Issue #7141
closedlazy sync does not properly handle upstream repos with duplicate content but different repo layouts
Description
Say you have two repos that contain the same rpm, but at different paths:
os /Packages/f/foo.rpm
ks /Packages/foo.rpm
Now you sync them both using 'on_demand' , but lets say the os repo gets the unit imported first. The rpm unit gets created with a relativepath of:
/Packages/f/foo.rpm
and then a lazy_catalog_content entry gets created with a url of: https://server.example.com/os//Packages/f/foo.rpm
This is all correct, now the unit gets processsed for the ks repo. It correctly reuses the same unit, but then creates a 2nd lazy_catalog_content entry with a url of: https://server.example.com/ks/Packages/f/foo.rpm
Its using the relativepath of the rpm unit to build the lazy_catalog_content's url attribute. In reality this looks like:
> db.lazy_content_catalog.find({"path": {$regex: '.*libXxf86vm\-devel\-1\.1\.4\-9\.el8\.i686\.rpm'}})
{ "_id" : ObjectId("5f07ee48cc531034cce38acc"), "_ns" : "lazy_content_catalog", "path" : "/var/lib/pulp/content/units/rpm/8a/cd9d02545dff8fab381aaa6185a778a26cacbec1585bcd8f7b2f6509f254a2/libXxf86vm-devel-1.1.4-9.el8.i686.rpm", "importer_id" : "5f07ed47cc53103b7b1f02c9", "unit_id" : "305ec066-9d0f-46a7-a198-6b966218a40e", "unit_type_id" : "rpm", "url" : "https://cdn.redhat.com/content/dist/rhel8/8.2/x86_64/appstream/kickstart/Packages/libXxf86vm-devel-1.1.4-9.el8.i686.rpm", "checksum" : "e375334723b40b39a407d243d1dab859a6edf1b2b383faa68c257c1afb399e2f", "checksum_algorithm" : "sha256", "revision" : 1, "data" : { } }
{ "_id" : ObjectId("5f07ef17cc531034b8afd793"), "_ns" : "lazy_content_catalog", "path" : "/var/lib/pulp/content/units/rpm/8a/cd9d02545dff8fab381aaa6185a778a26cacbec1585bcd8f7b2f6509f254a2/libXxf86vm-devel-1.1.4-9.el8.i686.rpm", "importer_id" : "5f07ed0dcc53103b7b1f02b5", "unit_id" : "305ec066-9d0f-46a7-a198-6b966218a40e", "unit_type_id" : "rpm", "url" : "https://cdn.redhat.com/content/dist/rhel8/8/x86_64/appstream/os/Packages/libXxf86vm-devel-1.1.4-9.el8.i686.rpm", "checksum" : "e375334723b40b39a407d243d1dab859a6edf1b2b383faa68c257c1afb399e2f", "checksum_algorithm" : "sha256", "revision" : 1, "data" : { } }
Directions to reproduce:
- Sync the rhel 8 base os repo using on_demand
- Sync the rhel 8 kickstart repo using on_demand
attempt to fetch each rpm from the kickstart repo or base os repo (maybe a random assortment of each)

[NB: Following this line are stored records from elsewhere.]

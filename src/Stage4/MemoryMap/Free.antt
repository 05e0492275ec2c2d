-- ===== src/Stage4/MemoryMap/Free.antt =====
-- Which addresses the map gives as free.
use miniature_os.Base.{ℕ, ◌+◌, ◌≤◌, ◌<◌, ◌≡◌, ◌⊎◌, inl, inr, refl, sym, ◌∙◌, arith}
use miniature_os.Base.{none, some, true, false}
use miniature_os.Base.{ok, lt→ltb}
use miniature_os.Base.{length, get_or, set, length-set, get_or-set_self, get_or-set_ne}
use native.Mathlib.Decide.{ℕ_discrete}
use miniature_os.Memory.Region.{e820_memory_region, PhysicalMemoryRegion, is_free}
use miniature_os.Stage4.MemoryMap.{Regions, put}
open e820_memory_region use {is_usable}

-- The address lies in the region, and the region is free.
abbrev pub FreeIn : PhysicalMemoryRegion → ℕ → Type 0
FreeIn p x = (is_free p.typ ≡ true) × (p.start ≤ x) × (x < p.start + p.size)

-- The map has a free region with the address.
abbrev pub FreeAt : Regions → ℕ → Type 0
FreeAt places x =
    (i : ℕ) × (p : PhysicalMemoryRegion) × (get_or places i none ≡ some p) × FreeIn p x

-- No place from `idx` on has a free region.
abbrev pub Clean : Regions → ℕ → Type 0
Clean places idx =
    (i : ℕ) (p : PhysicalMemoryRegion)
    → idx ≤ i
    → get_or places i none ≡ some p
    → is_free p.typ ≡ false

-- Writes below `idx` that make the addresses `New` free.
pub record Written (idx : ℕ) (before after : Regions) (New : ℕ → Type 0) : Type 0 where
  pub same_length : length after ≡ length before
  pub clean : Clean after idx
  pub free : (x : ℕ) → FreeAt after x → FreeAt before x ⊎ New x
  pub kept : (x : ℕ) → FreeAt before x ⊎ New x → FreeAt after x

pub Written-map :
    {idx : ℕ} {before after : Regions} {New Same : ℕ → Type 0}
    → ((x : ℕ) → New x → Same x)
    → ((x : ℕ) → Same x → New x)
    → Written idx before after New
    → Written idx before after Same
Written-map to from w = record {
  same_length = w.same_length;
  clean = w.clean;
  free = λ x f. elim (w.free x f) [ inl old ↦ inl old | inr new ↦ inr (to x new) ];
  kept = λ x f. elim f [ inl old ↦ w.kept x (inl old) | inr new ↦ w.kept x (inr (from x new)) ];
}

pub Written-trans :
    {i j : ℕ} {before middle after : Regions} {New Newer : ℕ → Type 0}
    → Written i before middle New
    → Written j middle after Newer
    → Written j before after (λ x. New x ⊎ Newer x)
Written-trans w w' = record {
  same_length = w'.same_length ∙ w.same_length;
  clean = w'.clean;
  free = λ x f. elim (w'.free x f) [
    | inr newer ↦ inr (inr newer)
    | inl f' ↦ elim (w.free x f') [ inl old ↦ inl old | inr new ↦ inr (inl new) ]
  ];
  kept = λ x f. elim f [
    | inl old ↦ w'.kept x (inl (w.kept x (inl old)))
    | inr (inl new) ↦ w'.kept x (inl (w.kept x (inr new)))
    | inr (inr newer) ↦ w'.kept x (inr newer)
  ];
}

-- A write at the first clean place.
module _ (places : Regions) (idx : ℕ) (p : PhysicalMemoryRegion) (inside : idx < length places)
    (clean : Clean places idx) where
  abbrev pub after : Regions
  after = set places idx (some p)

  at_idx : get_or after idx none ≡ some p
  at_idx = get_or-set_self places idx (some p) none inside

  pub put_ok : put places idx p ≡ ok after
  unfolding put
  put_ok = rw (lt→ltb _ _ inside) refl

  pub put-Written : Written (idx + 1) places after (FreeIn p)
  put-Written = record {
    same_length = length-set places idx (some p);
    clean = λ i q le e.
        clean i q (omega arith) (sym (get_or-set_ne places idx i (some p) none (omega arith)) ∙ e);
    free = λ x (i, q, e, f). elim (ℕ_discrete idx i) [
      | yes same ↦ inr (let k : p ≡ q = let h = at_idx in let g = rw (← same) at e in cc in rw k f)
      | no differ ↦ inl (i, q, sym (get_or-set_ne places idx i (some p) none differ) ∙ e, f)
    ];
    kept = λ x f. elim f [
      | inr new ↦ (idx, p, at_idx, new)
      | inl (i, q, e, free) ↦ elim (ℕ_discrete idx i) [
        | yes same ↦ absurd (let k = clean i q (omega arith) e in let k' = free.0 in cc)
        | no differ ↦ (i, q, get_or-set_ne places idx i (some p) none differ ∙ e, free)
      ]
    ];
  }

  -- A write that the next one may overwrite.
  pub put-Written_locked : is_free p.typ ≡ false → Written idx places after (λ x. ⊥)
  put-Written_locked locked = record {
    same_length = put-Written.same_length;
    clean = λ i q le e. elim (ℕ_discrete idx i) [
      | yes same ↦
          (let h = at_idx in let g = rw (← same) at e in let k : p ≡ q = cc in rw (← k) locked)
      | no differ ↦ put-Written.clean i q (omega arith) e
    ];
    free = λ x f. elim (put-Written.free x f) [
      | inl old ↦ inl old
      | inr new ↦ absurd (let k = new.0 in cc)
    ];
    kept = λ x f. elim f [ inl old ↦ put-Written.kept x (inl old) | inr new ↦ absurd new ];
  }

Results, you will get a lot of 404s from the streamer app:
Jul 13 17:19:35 dhcp-8-30-46 pulp_streamer: pulp.streamer.server:INFO: Download failed [404]: https://cdn.redhat.com/content/dist/rhel8/8/x86_64/appstream/os/Packages/texlive-luatex85-20180414-14.el8.noarch.rpm
This is because its using the wrong relative path when fetching rpms from the kickstart repo. Its non-deterministic as to which lazy_content_catalogue entry it will pick, so some will get a 404 and some won't. Re-trying to download an rpm again, may result it in working.
Updated by rchan over 2 years ago
- Status changed from NEW to ASSIGNED
- Assignee set to dkliban@redhat.com
- Sprint set to Sprint 77
dkliban says: investigated how to fix ^ and got a patch working - will make a PR tomorrow - we will also need to write a script for users to cleanup their DB and fix existing systems.
Updated by pulpbot over 2 years ago
- Status changed from ASSIGNED to POST
Updated by dkliban@redhat.com over 2 years ago
- Status changed from POST to CLOSED - WORKSFORME
Even though I said that this bug exists in Pulp, it was only based on my initial reading of the code. I've tried to reproduce the bug and I was not able to. Lazy Catalog Entries are being created correctly for each repository layout. After reading the code again, the correct behavior makes sense. The problem experienced by Katello users is most likely related to the fact that repositories created by Katello use custom importers and/or distributors. I'll help investigate it from the Katello side.